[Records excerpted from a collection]
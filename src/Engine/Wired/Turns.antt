-- ===== src/Engine/Wired/Turns.antt =====
-- src/sfu/engine.rs, `Engine::run`: every engine that the media loop reaches is wired.
use ababilx_chat_sfu.Shared.{ℕ, ◌+◌, ◌<◌, lookup, nat_Eq, string_Eq, none, some}
use ababilx_chat_sfu.Media.{Deps, Driver}
use ababilx_chat_sfu.Config.{Config}
use ababilx_chat_sfu.Tracks.{upgrade}
use ababilx_chat_sfu.Engine.{Engine, Command, spawn, join, answer, mute, screen, leave, shutdown}
use ababilx_chat_sfu.Engine.Seats.{IsValid}
use ababilx_chat_sfu.Engine.Join.{u64_mod}
use ababilx_chat_sfu.Engine.Dispatch.{apply}
use ababilx_chat_sfu.Engine.Dispatch.Wires.{Rewires-handle_answer, Rewires-set_state}
use ababilx_chat_sfu.Engine.Ticks.Wires.{Rewires-report_connections, Rewires-tick_speaking}
use ababilx_chat_sfu.Engine.Io.Sockets.{Rewires-read_once, Rewires-tell_time}
use ababilx_chat_sfu.Engine.Turn.{
  Step, command, poll, arrive, sweep, speak, read, tell, Reach, here, next, Step-IsValid,
  spawn-IsValid,
}
use ababilx_chat_sfu.Engine.Wired.{IsMeshed, IsMeshed-Rewires}
use ababilx_chat_sfu.Engine.Wired.Polls.{IsMeshed-poll_rooms}
use ababilx_chat_sfu.Engine.Wired.Leaves.{IsMeshed-drop_peer, IsMeshed-reap}
use ababilx_chat_sfu.Engine.Wired.Joins.{IsMeshed-handle_join}

module _ {d : Deps} where
  IsMeshed-apply :
      (now : ℕ) (c : Command) (e : Engine d)
      → e.next_peer + 1 < u64_mod
      → IsValid e
      → IsMeshed e
      → IsMeshed (apply now c e)
  unfolding apply
  IsMeshed-apply now (join q) e left v w = IsMeshed-handle_join q e v w left now
  IsMeshed-apply now (answer peer sdp) e left v w =
      IsMeshed-Rewires (Rewires-handle_answer peer sdp e) w
  IsMeshed-apply now (mute peer muted) e left v w =
      IsMeshed-Rewires (Rewires-set_state peer (some muted) none e) w
  IsMeshed-apply now (screen peer active) e left v w =
      IsMeshed-Rewires (Rewires-set_state peer none (some active) e) w
  IsMeshed-apply now (leave peer) e left v w = IsMeshed-drop_peer peer e v w
  IsMeshed-apply now shutdown e left v w = w

  IsMeshed-spawn :
      (config : Config d) (bound : d.Address) (now : ℕ) → IsMeshed (spawn config bound now)
  unfolding spawn lookup upgrade
  IsMeshed-spawn config bound now = record {
    unique = tt;
    fresh = λ a t there. cc;
    origins = λ a t there. cc;
    wired = λ m r there. cc;
  }

module _ {d : Deps} (v : Driver d) where
  IsMeshed-Step : {e f : Engine d} → Step v e f → IsValid e → IsMeshed e → IsMeshed f
  IsMeshed-Step {e} (command now c left) ok_e w = IsMeshed-apply now c e left ok_e w
  IsMeshed-Step {e} (poll fuel now wake {f} done) ok_e w =
      IsMeshed-poll_rooms v fuel now e f wake ok_e w done
  IsMeshed-Step {e} arrive ok_e w = IsMeshed-Rewires (Rewires-report_connections e) w
  IsMeshed-Step {e} (sweep now) ok_e w = IsMeshed-reap now e ok_e w
  IsMeshed-Step {e} (speak now) ok_e w = IsMeshed-Rewires (Rewires-tick_speaking now e) w
  IsMeshed-Step {e} (read now got) ok_e w = IsMeshed-Rewires (Rewires-read_once v now got e) w
  IsMeshed-Step {e} (tell now) ok_e w = IsMeshed-Rewires (Rewires-tell_time v now e) w

  IsMeshed-Reach : {e f : Engine d} → Reach v e f → IsValid e → IsMeshed e → IsValid f × IsMeshed f
  IsMeshed-Reach here ok_e w = (ok_e, w)
  IsMeshed-Reach (next r s) ok_e w =
      let (ok_f, w_f) = IsMeshed-Reach r ok_e w in (Step-IsValid v s ok_f, IsMeshed-Step s ok_f w_f)

  -- Whatever commands, packets, polls and clock ticks come to an engine that starts empty, with room
  -- for at least one peer and ids left at each command: in every room, each peer publishes exactly the
  -- live tracks that name it as their publisher, is subscribed exactly once to every live track whose
  -- publisher is another peer of the room and to no other live track, and none of its subscriptions to
  -- a live track is to stop. Names of rooms and addresses of tracks are used once, and every live track
  -- names an id that has been drawn.
  pub Reach-spawn-IsMeshed :
      (config : Config d) (bound : d.Address) (now : ℕ) (e : Engine d)
      → 0 < config.max_room_peers
      → Reach v (spawn config bound now) e
      → IsMeshed e
  Reach-spawn-IsMeshed config bound now e h r =
      (IsMeshed-Reach r (spawn-IsValid v config bound now h) (IsMeshed-spawn config bound now)).1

# What the task asks
Taking the line with "unfolding spawn lookup upgrade" as the first and the line with "e → IsMeshed f" as the last, retype that stretch of the data above exactly, with no other lines.

# Solution to the problem
  unfolding spawn lookup upgrade
  IsMeshed-spawn config bound now = record {
    unique = tt;
    fresh = λ a t there. cc;
    origins = λ a t there. cc;
    wired = λ m r there. cc;
  }

module _ {d : Deps} (v : Driver d) where
  IsMeshed-Step : {e f : Engine d} → Step v e f → IsValid e → IsMeshed e → IsMeshed f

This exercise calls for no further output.